More succinctly: Aziz Ansari notices all of the stupid shit people do. That’s an obvious conclusion to draw, because it’s part of a stand-up comedian’s job description. But Ansari also thinks about all of the stupid shit people do, and that’s what distinguishes the gut-busting profundities of Buried Alive from run of the mill observations about airline travel or gross fast food. Those are both topics of discussion within the prepared material of Buried Alive, but they come up as tangents in routines about much larger topics: Parenthood, relationships, marriage equality, social graces, anonymous hook-ups aided by smartphone apps. At one point in the special, he drops the phrase “in my research” without an ounce of sarcasm. He’s been asking the questions about how married couples meet, he’s been doing the homework about raising a kid, drawing fascinating conclusions all the while. Buried Alive marks the point where Aziz Ansari becomes the Malcolm Gladwell of stand-up comedy.

But even when it seems like he may be jumping to conclusions, the obvious thoughtfulness at play elevates Ansari’s material to a new level.
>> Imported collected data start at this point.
-- ===== src/GraphElement/Lookup.antt =====
-- What `get` of src/include/yloc/graph_element.h returns, on every path.
use yloc.Prelude.{
  ◌≡◌, refl, sym, ap, inl, inr, List, [], ◌∷◌, Option, none, some, Text, find_key, Result, ok,
  fault, ◌>>=◌, if◌then◌else◌, Memᴰ, Bool-cases, Result-cases,
}
use mathlib.Core.Path.{fun_ext}
use yloc.Property.{ValueType, Value, BoundProperty, supports, value_as, value_as_supported}
use yloc.Adapter.{Adapter, Property, bind, shared_map, find_module_property}
use yloc.GraphElement.{GraphElement, first_value, module_value, get_by, get}

-- How a search through the adapters ends: the first value, with only empty readings before it; no
-- value; or a fault, with only empty readings before it.
pub data Search {A V : Type 0} (f : A → Result (Option V))
    : List A → Result (Option V) → Type 0 where
  exhausted : Search f [] (ok none)
  found : {a : A} {rest : List A} (v : V) → f a ≡ ok (some v) → Search f (a ∷ rest) (ok (some v))
  faulted : {a : A} {rest : List A} → f a ≡ fault → Search f (a ∷ rest) fault
  skipped :
      {a : A} {rest : List A} {r : Result (Option V)}
      → f a ≡ ok none
      → Search f rest r
      → Search f (a ∷ rest) r

module _ {A V : Type 0} (f : A → Result (Option V)) where
  pub first_value-Search : (rest : List A) → Search f rest (first_value f rest)
  unfolding first_value
  first_value-Search [] = exhausted
  first_value-Search (a ∷ rest) = elim (Result-cases (f a)) [
    | inl e ↦ rw (e, ◌>>=◌) (faulted e)
    | inr (v, e) ↦ rw (e, ◌>>=◌) (by_reading a rest v e (first_value-Search rest))
  ]
    where
      by_reading :
          (a : A) (rest : List A) (v : Option V)
          → f a ≡ ok v
          → Search f rest (first_value f rest)
          → Search f (a ∷ rest) (elim v [ some x ↦ ok (some x) | none ↦ first_value f rest ])
      by_reading a rest none e s = skipped e s
      by_reading a rest (some x) e s = found x e

module _ {Mask : Type 0} where
  -- The property with a name, seen from an adapter: one of the shared map before one of its own.
  abbrev pub property_by :
      Option (Property Mask) → Text → Adapter Mask → Option (BoundProperty Mask)
  property_by (some p) k a = some (bind a p)
  property_by none k a = find_module_property a k

  abbrev pub property_of : Text → Adapter Mask → Option (BoundProperty Mask)
  property_of k a = property_by (find_key k shared_map) k a

  -- Its reading, if its values have the asked type.
  abbrev pub typed : (t : ValueType) → Option (BoundProperty Mask) → Result (Option (Value Mask t))
  typed t (some p) = if supports p.type t then value_as t p else ok none
  typed t none = ok none

  first_value-none :
      {V : Type 0} (l : List (Adapter Mask)) → first_value {V = V} (λ _. ok none) l ≡ ok none
  unfolding first_value
  first_value-none [] = refl
  first_value-none (a ∷ l) = first_value-none l

  get_by-first_value :
      (o : Option (Property Mask)) (t : ValueType) (e : GraphElement Mask) (k : Text)
      → get_by o t e k ≡ first_value (λ a. typed t (property_by o k a)) e.m_adapters
  unfolding get_by module_value
  get_by-first_value (some p) t e k = elim (Bool-cases (supports p.type t)) [
    | inl yes_type ↦ rw yes_type
    | inr no_type ↦ rw no_type (sym (first_value-none e.m_adapters))
  ]
  get_by-first_value none t e k =
      ap (λ f. first_value f e.m_adapters) (fun_ext λ a. by_own (find_module_property a k))
    where
      by_own :
          (o : Option (BoundProperty Mask))
          → elim o [ none ↦ ok none | some p ↦ if supports p.type t then value_as t p else ok none ]
            ≡ typed t o
      by_own none = refl
      by_own (some p) = refl

  pub get-first_value :
      (t : ValueType) (e : GraphElement Mask) (k : Text)
      → get t e k ≡ first_value (λ a. typed t (property_of k a)) e.m_adapters
  unfolding get
  get-first_value t e k = get_by-first_value (find_key k shared_map) t e k

  -- `get` returns the first value in the order of the adapters. An adapter has no value if it knows
  -- no property of the name, if the property's values have another type than the asked one, or if
  -- its reading is empty; a shared property hides an adapter's own one of the same name. No adapter
  -- behind the one that ends the search is read.
  pub get-Search :
      (t : ValueType) (e : GraphElement Mask) (k : Text)
      → Search (λ a. typed t (property_of k a)) e.m_adapters (get t e k)
  get-Search t e k =
      rw (get-first_value t e k) (first_value-Search (λ a. typed t (property_of k a)) e.m_adapters)

  faulting :
      {V : Type 0} (f : Adapter Mask → Result (Option V)) {l : List (Adapter Mask)}
      {r : Result (Option V)}
      → Search f l r
      → r ≡ fault
      → (a : Adapter Mask) × Memᴰ a l × (f a ≡ fault)
  faulting f exhausted h = absurd (cc h)
  faulting f (found v e) h = absurd (cc h)
  faulting f (faulted {a} e) h = (a, Memᴰ.head refl, e)
  faulting f (skipped e s) h = let (a, m, q) = faulting f s h in (a, Memᴰ.tail m, q)

  typed-fault :
      (show_mask : Mask → Text) (t : ValueType) (o : Option (BoundProperty Mask))
      → typed t o ≡ fault
      → (p : BoundProperty Mask) × (o ≡ some p) × (p.reading ≡ fault)
  typed-fault show_mask t none h = absurd (cc h)
  typed-fault show_mask t (some p) h = elim (Bool-cases (supports p.type t)) [
    | inl same ↦ (p, refl, (value_as_supported show_mask t p same).0.0 (rw same at h))
    | inr other ↦ absurd (cc (h, other))
  ]

  -- `get` faults only where a property's own reading faults: the cast of the property behind the
  -- test of its type is never a null pointer.
  pub get-fault :
      (t : ValueType) (e : GraphElement Mask) (k : Text)
      → get t e k ≡ fault
      → (a : Adapter Mask) × Memᴰ a e.m_adapters
        × ((p : BoundProperty Mask) × (property_of k a ≡ some p) × (p.reading ≡ fault))
  get-fault t e k h =
      let (a, m, q) = faulting (λ a. typed t (property_of k a)) (get-Search t e k) h in
      (a, m, typed-fault (λ _. []) t (property_of k a) q)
It’s a stark contrast from last year’s Dangerously Delicious, which coasted off of the energy and subject matter of its predecessor, Intimate Moments For A Sensual Evening. Buried Alive comes off like a clean break; in tackling something bigger than himself, Ansari’s work paradoxically becomes more personal. There’s craftsmanship here: The crowd work portions of the set are off-the-cuff, but like any worthwhile work of improvised comedy, they land because Ansari is so practiced and so disciplined. (Also: Within the special, they have the benefit of post-production editing.) I love the beat he takes after the couple near the front of the stage inserts a basket of breadsticks into their engagement story. He pounces immediately, but then steps back before asking if the breadsticks were unlimited. It’s a one-time-only routine with a seasoned execution.

The personal angle of these universal probings comes from specificity. At some point in his meditating on marriage, Ansari hit upon the notion that every expectation a person makes of their spouse would sound incredibly creepy in the wrong context. And so Buried Alive delivers a bone-chilling passage in which marriage’s fundamental questions—“Will you spend the rest of your life with me?” “Will you wear this symbol of our love on your finger?”—become the inquiries of a psychopath. Plenty of the topics broached in Buried Alive have a “’til death” attached to them, and the opposite end of all the baby talk that opens the special seems the obvious next subject for Ansari’s comedic prodding. Though, given the lengthy Buried Alive tangent inspired by the TV series Celebrity Ghost Stories, perhaps Ansari already has the afterlife all wrapped up.

Buried Alive is defined by curiosity, and that’s a quality that enlivens even the set’s most questionable bit. Pivoting off some generalizations about obnoxious people he’s encountered in bars, Ansari delves into his “favorite racial stereotype ever”: Black men having explosive reactions to magic tricks. The intro smacks of “white guys drive like this, black guys drive like this” laziness, but in its peculiarity (and its use as an analogy for the acceptance of others) it ends up working. In its way, it’s a meta-commentary of such sweeping stereotypes; it’s also presented in a manner that demonstrates the thoughtfulness and curiosity that went into the bit. This isn’t something Ansari noticed once and wrote a joke about—if challenged, he could probably whip up the phone that figures into the special’s incredible dick-pic prank and show the audience multiple YouTube videos of the phenomenon he’s describing.

Aziz Ansari’s stand-up brings so many observations, so many opinions, so many anxieties to the stage. In Buried Alive , he’s stares them each in the face and asks “Why?” For that reason, it’s his best recorded work yet.